Горбунья выскочила навстречу ей и в сенях торопливо заболтала о чём-то. Верно, обо мне, потому что та тревожно переспросила у Шурочки:

— Чужой, с Игнашенькой?… Ты бы самоварчик ему согрела.

И вслед затем она показалась сама. Узнав меня, она обрадовалась.

— Вы с Игнашенькой приятели? Вот как!.. Ну, что ж? Это хорошо!

Гимназист подошёл к ней и поцеловал ей руку; та чопорно точно к взрослому приложилась ему ко лбу.

— Ну, что, как… по наукам?

— Ничего, слава Богу.

— И латынь? Как это по-вашему… ну его… ещё такое мудрёное слово…

— Экстемпоралис [3]. Сошло. Учитель даже хвалил особо.

— Ну, вот видите. Это хорошо, что особо. Шурочка, что генеральша?

Горбунья нахмурила брови и встревожилась.

— Ругалась сегодня. В меня тарелкой швырнула, а потом повернулась лицом к стене и говорит: «И смотреть-то мне на вас тошно!»

— Что ты? Чем же не угодили?

— В куриной коклетке, сказывала, настоящей нежности нет.
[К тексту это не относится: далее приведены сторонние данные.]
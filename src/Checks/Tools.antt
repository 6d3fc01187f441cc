-- ===== src/Checks/Tools.antt =====
-- The command and the pstore probe at concrete inputs.
use telemetrics_client.Base.{
  ℕ, zero, suc, ◌<◌, ◌≡◌, inl, inr, refl, true, false, List, [], ◌∷◌, ◌++◌, some, none, arith,
  length, get_elem?,
}
use telemetrics_client.Base.Bytes.{Bytes, codes}
use telemetrics_client.Base.Int.{pos}
use telemetrics_client.Base.Run.{done}
use telemetrics_client.Checks.Clients.{system, system-IsUsable}
use telemetrics_client.Client.Creation.{HasHeaders}
use telemetrics_client.Client.Fields.{IsUsable}
use telemetrics_client.Client.Headers.{made}
use telemetrics_client.Client.Lines.{IsValue}
use telemetrics_client.Journal.{decimal}
use telemetrics_client.Oops.{ParserState}
use telemetrics_client.Pstore.{Chunk, size_of, assemble, parse_id}
use telemetrics_client.Pstore.Parts.{assemble-pieces}
use telemetrics_client.Pstore.Pieces.{AreFilled, AreParts, Has, whole, sizes}
use telemetrics_client.Record.Payload.{is_space}
use telemetrics_client.Record.Wire.{TelemRecord}
use telemetrics_client.RecordGen.{instanciate_record}
use telemetrics_client.RecordGen.Options.{
  GenOptions, validate_opts, parse_options, defaults, parsed, severity,
}
use telemetrics_client.RecordGen.Instances.{chosen_id, instanciate_record-HasHeaders}

abbrev pub options : GenOptions
options = record {
  severity = 3;
  opt_class = some (codes "a/b/c");
  opt_payload = none;
  payload_version = 1;
  opt_payload_file = none;
  opt_event_id = some (codes "fedcba9876543210fedcba9876543210");
  opt_echo = false;
  opt_nopost = false;
}

pub options_valid : validate_opts options ≡ true
unfolding validate_opts
options_valid = refl

abbrev pub random_id : Bytes
random_id = codes "0123456789abcdef0123456789abcdef"

pub random_id-IsValue : IsValue 32 random_id
random_id-IsValue = omega arith

abbrev pub usable : IsUsable system
usable = record system-IsUsable { random_id = (random_id, refl, random_id-IsValue) }

instanciate_record-HasHeaders_example :
    (r : TelemRecord) × (hs : List Bytes) × (instanciate_record system 7 options (codes "text")
      ≡ done (made r))
    × HasHeaders r hs
    × (r.payload ≡ codes "text")
    × (r.payload_size ≡ length (codes "text"))
    × (get_elem? hs 1 ≡ some (codes "classification" ++ (codes ": " ++ codes "a/b/c")))
    × (get_elem? hs 2 ≡ some (codes "severity" ++ (codes ": " ++ decimal 3)))
    × (get_elem? hs 14
        ≡ some (codes "event_id" ++ (codes ": " ++ chosen_id options.opt_event_id random_id)))
instanciate_record-HasHeaders_example =
    instanciate_record-HasHeaders system 7 options (codes "a/b/c") (codes "text") usable refl refl
      options_valid (omega arith) (omega arith) (omega arith) (omega arith)

abbrev parser : ParserState
parser = record {
  oops_msg = record { lines = []; pattern = none };
  in_stack_dump = false;
  handled = [];
}

-- The id of dmesg-efi-143994262108001: part 8, count 1.
id_parts : parse_id 143994262108001 ≡ (1, 8)
unfolding parse_id
id_parts = refl

abbrev chunk : ℕ → Bytes → Chunk
chunk k text = record { contents = some text; count = pos 0; part = pos k }

abbrev chunks : List Chunk
chunks = chunk 1 (codes "start ") ∷ chunk 0 (codes "end\n") ∷ []

abbrev pieces : List Bytes
pieces = codes "end\n" ∷ codes "start " ∷ []

chunks-Has : (k : ℕ) → k < length pieces → Has k chunks
chunks-Has zero h = inr (inl refl)
chunks-Has (suc zero) h = inl refl
chunks-Has (suc (suc k)) h = absurd (omega arith)

chunks-AreParts : AreParts pieces chunks
chunks-AreParts = (
  record { place = 1; piece = codes "start "; part = refl; there = refl; contents = refl },
  (record { place = 0; piece = codes "end\n"; part = refl; there = refl; contents = refl }, tt),
)

pieces-AreFilled : AreFilled pieces
pieces-AreFilled = ground arith

sizes_add_up : sizes chunks ≡ length (whole pieces)
unfolding size_of
sizes_add_up = refl

-- A number of 33 bits is cut to its last 32.
severity_wraps :
    parse_options defaults (severity (codes "4294967299") ∷ [])
    ≡ parsed (record defaults { severity = 3 })
unfolding parse_options is_space
severity_wraps = refl

assemble-pieces_example : assemble [] chunks ≡ done (some (whole pieces))
assemble-pieces_example =
    assemble-pieces [] (codes "end\n") (codes "start ") [] chunks pieces-AreFilled chunks-AreParts
      chunks-Has sizes_add_up
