-- ===== src/Record/RoundTrip.antt =====
-- What the probe daemon stages, the post daemon reads back.
use mathlib.Core.List.{append_assoc}
use telemetrics_client.Base.{◌≡◌, ◌∙◌, refl, List, [], ◌∷◌, ◌++◌, Option, some, none, arith}
use telemetrics_client.Base.Bytes.{
  Bytes, Lacks, Lacks-append, c_string_all, is_prefix→append, c_string,
}
use telemetrics_client.Common.{header_names}
use telemetrics_client.Record.{read_u32}
use telemetrics_client.Record.Lines.{
  IsLine, AreHeaders, fgets_chomp-newline, read_headers-stage_headers,
}
use telemetrics_client.Record.Probd.{stage_headers, stage_record}
use telemetrics_client.Record.Staged.{read_rest, read_config, read_record}

-- The path of a configuration file that was given on a command line.
abbrev pub IsConfig : Option Bytes → Type 0
IsConfig none = Unit
IsConfig (some cfg_file) = IsLine cfg_file

read_rest-stage :
    (cfg : Option Bytes) (hs : List Bytes) (body : Bytes)
    → AreHeaders header_names hs
    → Lacks 0 body
    → read_rest cfg (stage_headers hs ++ (body ++ b'\n' ∷ []))
      ≡ some (record { headers = hs; body = body ++ b'\n' ∷ []; cfg_file = cfg })
unfolding read_rest c_string
read_rest-stage cfg hs [] a l =
    rw (read_headers-stage_headers header_names hs (b'\n' ∷ []) a, read_rest) refl
read_rest-stage cfg hs (c ∷ body) a l =
    let kept =
      c_string_all (c ∷ body ++ b'\n' ∷ [])
        (Lacks-append 0 (c ∷ body) (b'\n' ∷ []) l (ground arith, tt)) in
    rw (read_headers-stage_headers header_names hs (c ∷ body ++ b'\n' ∷ []) a, read_rest) (rw kept)

-- No header's first bytes are those of the configuration prefix.
read_config_skips :
    (hs : List Bytes) (rest : Bytes)
    → AreHeaders header_names hs
    → read_record (some (stage_headers hs ++ rest)) ≡ read_rest none (stage_headers hs ++ rest)
unfolding read_record read_config stage_headers read_u32 header_names
read_config_skips [] rest a = absurd a
read_config_skips (h ∷ hs) rest a = let (t, e) = is_prefix→append _ h a.0.named in rw e

-- A record staged with headers that each start with their name and fit on a line, a payload without
-- NUL and a configuration path, if any, that fits on a line, is read back whole: the same headers,
-- the same configuration file, and the payload with the newline that staging added.
pub read_record-stage_record :
    (hs : List Bytes) (body : Bytes) (cfg : Option Bytes)
    → AreHeaders header_names hs
    → Lacks 0 body
    → IsConfig cfg
    → read_record (some (stage_record hs body cfg))
      ≡ some (record { headers = hs; body = body ++ b'\n' ∷ []; cfg_file = cfg })
unfolding stage_record
read_record-stage_record hs body none a l c =
    read_config_skips hs _ a ∙ read_rest-stage none hs body a l
read_record-stage_record hs body (some path) a l c =
    unfold read_record read_config read_u32 in
    rw (append_assoc path (b'\n' ∷ []) (stage_headers hs ++ (body ++ b'\n' ∷ [])))
      (rw (fgets_chomp-newline path _ c, read_config) (read_rest-stage (some path) hs body a l))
— Ну, что же делать? Ты на неё не сердись. Столько у неё, у бедной, огорчений! Её пожалеть надо. Какой ни будь ангельский характер — испортится. Ейный-то папаша могущественный человек был. Бывало, у нас на площади зарычит на солдатов, так я и вчуже-то так на пол со страху и сяду. У него через плечо красная кавалерия была, — это тоже понять надо. После сытой-то жизни в бедность произойти… Легко ли! Ты уж ей угождай. Завтра коклетку ей сама я… Ну, а первый?

— Утром на губах сигналы играли.

— Весел, значит.

— Да, а потом показывали мне, как у них прежде маршировали с наскоком.

— Ну, слава Богу.

— Что это у вас за номера такие? — вмешался я.

— Так, — уклонилась Анфиса. — Жильцы… Петра-то Алексеича ты, Шурочка, обмыла?

— Как же, ужли забуду? Потом с ложки его поила бульоном… Каши давала.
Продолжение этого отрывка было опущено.